Research on a Knowledge Graph Embedding Method Based on Improved Convolutional Neural Networks for Hydraulic Engineering

Abstract

In response to the shortcomings of existing knowledge graph embedding strategies, such as weak feature interaction and latent knowledge representation, a unique hydraulic knowledge graph embedding method is suggested. The proposed method incorporates spatial position features into the entity-relation embedding process, thereby enhancing the representation capability of latent knowledge. Furthermore, it utilizes a multi-layer convolutional neural network to fuse features at different levels, effectively capturing more abundant semantic information.
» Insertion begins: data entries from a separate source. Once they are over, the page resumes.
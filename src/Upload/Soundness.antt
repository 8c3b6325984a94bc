-- ===== src/Upload/Soundness.antt =====
-- Every upload, whatever the client sends: it is answered or throws, and the registry and the books
-- are in order.
use data_relay_grpc.Base.{
  ℕ, ◌+◌, ◌<◌, ◌≡◌, refl, sym, ap, ◌⊎◌, inl, inr, false, List, [], ◌∷◌, Option, none, some,
  Option-cases, if-cases, subst, drop,
}
use data_relay_grpc.OrderedMap.{find}
use data_relay_grpc.FileSystem.{FilePath, FileSystem, remove, open_output}
use data_relay_grpc.TagGenerator
use data_relay_grpc.TagGenerator.{OpenSsl, Digest, digest, failed, tag_of, input_bytes}
use data_relay_grpc.SessionStore.{word}
use data_relay_grpc.Session.{SessionImpl}
use data_relay_grpc.Manager.{Manager, Server, compute_tag, generate_reference_tag}
use data_relay_grpc.Manager.Lookup.{get_session_impl_cases}
use data_relay_grpc.Manager.History.{IsSound}
use data_relay_grpc.Outcome.{Exception, Outcome, returns, throws, undefined, is_out_of_range, after}
use data_relay_grpc.Text.{text}
use data_relay_grpc.Relay.{
  failed_precondition, fails, PutStreamingRequest, PutMetadata, metadata, chunk, not_set,
  check_api_version,
}
use data_relay_grpc.Upload.{
  PutResult, refused, Received, complete, stopped, receive, size_matches, respond, discard,
  conclude, upload, try_put, caught, put,
}
use data_relay_grpc.Upload.Storage.{
  next_id, upload_path, created, opened, opened-IsSound, opened-IsStored, created_call,
}
use data_relay_grpc.Upload.Steps.{
  EndsWell, after-EndsWell, AreSmall, IsReady, Digest-cases, receive-EndsWell,
}

pub tag_ends :
    (o : OpenSsl) (impl : SessionImpl) (bid : ℕ) (m : Manager)
    → ((tag : ℕ) × (compute_tag o bid impl m ≡ returns tag))
      ⊎ ((x : Exception) × (compute_tag o bid impl m ≡ throws x) × (is_out_of_range x ≡ false))
unfolding compute_tag generate_reference_tag TagGenerator.generate_reference_tag
tag_ends o impl bid m =
    elim (Digest-cases (o.hmac_sha256 m.hmac_secret_key (input_bytes bid impl.session_id))) [
      | inl (md, e) ↦ inl (_, ap (tag_of o) e)
      | inr (errors, e) ↦ inr (_, ap (tag_of o) e, refl)
    ]

respond-EndsWell :
    (o : OpenSsl) (impl : SessionImpl) (bid : ℕ) (s : Server)
    → IsSound 0 s
    → EndsWell (respond o impl bid s)
unfolding respond
respond-EndsWell o impl bid s v = elim (tag_ends o impl bid s.manager) [
  | inl (tag, e) ↦ rw (e, respond) v
  | inr (x, e, f) ↦ rw (e, respond) f
]

discard-EndsWell : (path : FilePath) (s : Server) → IsSound 0 s → EndsWell (discard path s)
unfolding discard
discard-EndsWell path s v = elim (Option-cases (remove s.file_system path)) [
  | inl stuck ↦ rw (stuck, discard) refl
  | inr (fs, done) ↦ rw (done, discard) (record { registered = v.registered; booked = v.booked })
]

conclude-EndsWell :
    (o : OpenSsl) (blob_size : Option ℕ) (impl : SessionImpl) (bid : ℕ) (path : FilePath)
    (r : Received) (s : Server)
    → IsSound 0 s
    → EndsWell (conclude o blob_size impl bid path r s)
unfolding conclude
conclude-EndsWell o blob_size impl bid path (stopped status) s v = v
conclude-EndsWell o blob_size impl bid path (complete total) s v =
    if-cases (size_matches blob_size total) EndsWell (respond-EndsWell o impl bid s v)
      (discard-EndsWell path s v)

pub upload_closed :
    (o : OpenSsl) (meta : PutMetadata) (impl : SessionImpl) (rs : List PutStreamingRequest)
    (s : Server)
    → open_output s.file_system (upload_path s) ≡ none
    → (r : PutResult) × (upload o meta impl rs
          (next_id s, upload_path s)
          (created meta.session_id impl s)
        ≡ (returns r, created meta.session_id impl s))
unfolding upload
upload_closed o meta impl rs s closed = (
  refused (fails failed_precondition (text "cannot open the file to write the blob to")),
  rw (closed, upload) refl,
)

pub upload-open_output :
    (o : OpenSsl) (meta : PutMetadata) (impl : SessionImpl) (rs : List PutStreamingRequest)
    (s : Server) (fs : FileSystem)
    → open_output s.file_system (upload_path s) ≡ some fs
    → upload o meta impl rs (next_id s, upload_path s) (created meta.session_id impl s)
      ≡ after
          (receive meta.session_id
            (next_id s)
            (upload_path s)
            rs
            0
            (opened meta.session_id impl fs s))
          (conclude o meta.blob_size impl (next_id s) (upload_path s))
unfolding upload
upload-open_output o meta impl rs s fs opens = rw (opens, upload) refl

opened-IsReady :
    (sid : ℕ) (impl : SessionImpl) (fs : FileSystem) (s : Server)
    → IsSound 0 s
    → s.blob_id + 1 < word
    → find sid s.blob_sessions ≡ some impl
    → open_output s.file_system (upload_path s) ≡ some fs
    → IsReady sid (next_id s) s.store.quota (opened sid impl fs s)
opened-IsReady sid impl fs s v fits there opens =
    let (p, _) = opened-IsStored sid impl fs s v fits there opens in
    record {
      sound = p.sound;
      limit = refl;
      impl = p.impl;
      blob = p.blob;
      there = p.there;
      has = p.has;
    }

upload-EndsWell :
    (o : OpenSsl) (meta : PutMetadata) (impl : SessionImpl) (rs : List PutStreamingRequest)
    (s : Server)
    → IsSound 0 s
    → s.blob_id + 1 < word
    → find meta.session_id s.blob_sessions ≡ some impl
    → AreSmall s.store.quota rs
    → EndsWell (upload o meta impl rs (next_id s, upload_path s) (created meta.session_id impl s))
upload-EndsWell o meta impl rs s v fits there h =
    elim (Option-cases (open_output s.file_system (upload_path s))) [
      | inl closed ↦
          let w = opened-IsSound meta.session_id impl s.file_system s v fits there in
          subst EndsWell (sym (upload_closed o meta impl rs s closed).1) w
      | inr (fs, opens) ↦ subst EndsWell (sym (upload-open_output o meta impl rs s fs opens)) (
          after-EndsWell _ _
            (receive-EndsWell meta.session_id (next_id s) s.store.quota (upload_path s) rs 0
              (opened meta.session_id impl fs s)
              (opened-IsReady meta.session_id impl fs s v fits there opens) h)
            (λ r t w. conclude-EndsWell o meta.blob_size impl (next_id s) (upload_path s) r t w))
    ]

caught-EndsWell : (r : Outcome PutResult × Server) → EndsWell r → EndsWell (caught r)
caught-EndsWell (returns r, t) e = e
caught-EndsWell (throws x, t) e = rw e e
caught-EndsWell (undefined, t) e = e

try_put-EndsWell :
    (o : OpenSsl) (meta : PutMetadata) (rs : List PutStreamingRequest) (s : Server)
    → IsSound 0 s
    → s.blob_id + 1 < word
    → AreSmall s.store.quota rs
    → EndsWell (caught (try_put o meta rs s))
unfolding try_put
try_put-EndsWell o meta rs s v fits h = elim (get_session_impl_cases meta.session_id s.manager) [
  | inr missing ↦ rw (missing, try_put) v
  | inl (impl, there, found) ↦
      let run : try_put o meta rs s
          ≡ upload o meta impl rs (next_id s, upload_path s) (created meta.session_id impl s) =
        rw (found, try_put, created_call meta.session_id impl s there) refl in
      rw run (caught-EndsWell _ (upload-EndsWell o meta impl rs s v fits there h))
]

-- On a server in order, an upload of any requests, of which no chunk wraps the sum with the quota,
-- and with a counter of BLOB ids that does not wrap, is answered with the registry and the books
-- in order, or throws what is no `out_of_range`. It never works on a session that is gone.
pub put-EndsWell :
    (o : OpenSsl) (rs : List PutStreamingRequest) (s : Server)
    → IsSound 0 s
    → s.blob_id + 1 < word
    → AreSmall s.store.quota (drop 1 rs)
    → EndsWell (put o rs s)
unfolding put
put-EndsWell o [] s v fits h = v
put-EndsWell o (chunk bytes ∷ rs) s v fits h = v
put-EndsWell o (not_set ∷ rs) s v fits h = v
put-EndsWell o (metadata m ∷ rs) s v fits h =
    if-cases (check_api_version m.api_version) EndsWell (try_put-EndsWell o m rs s v fits h) v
Additionally, the method employs multi-scale dilated convolution kernels to capture rich explicit interaction features across different scales of space. In this study, the effectiveness of the proposed model was validated on the link prediction task. Experimental results demonstrated that, compared to the ConvE model, the proposed model achieved a significant improvement of 14.8% in terms of mean reciprocal rank (MRR) on public datasets. Additionally, the suggested model outperformed the ConvR model on the hydraulic dataset, leading to a 10.1% increase in MRR. The results indicate that the proposed approach exhibits good applicability and performance in the task of hydraulic knowledge graph complementation. This suggests that the method has the potential to offer significant assistance for knowledge discovery and application research in the field of hydraulics.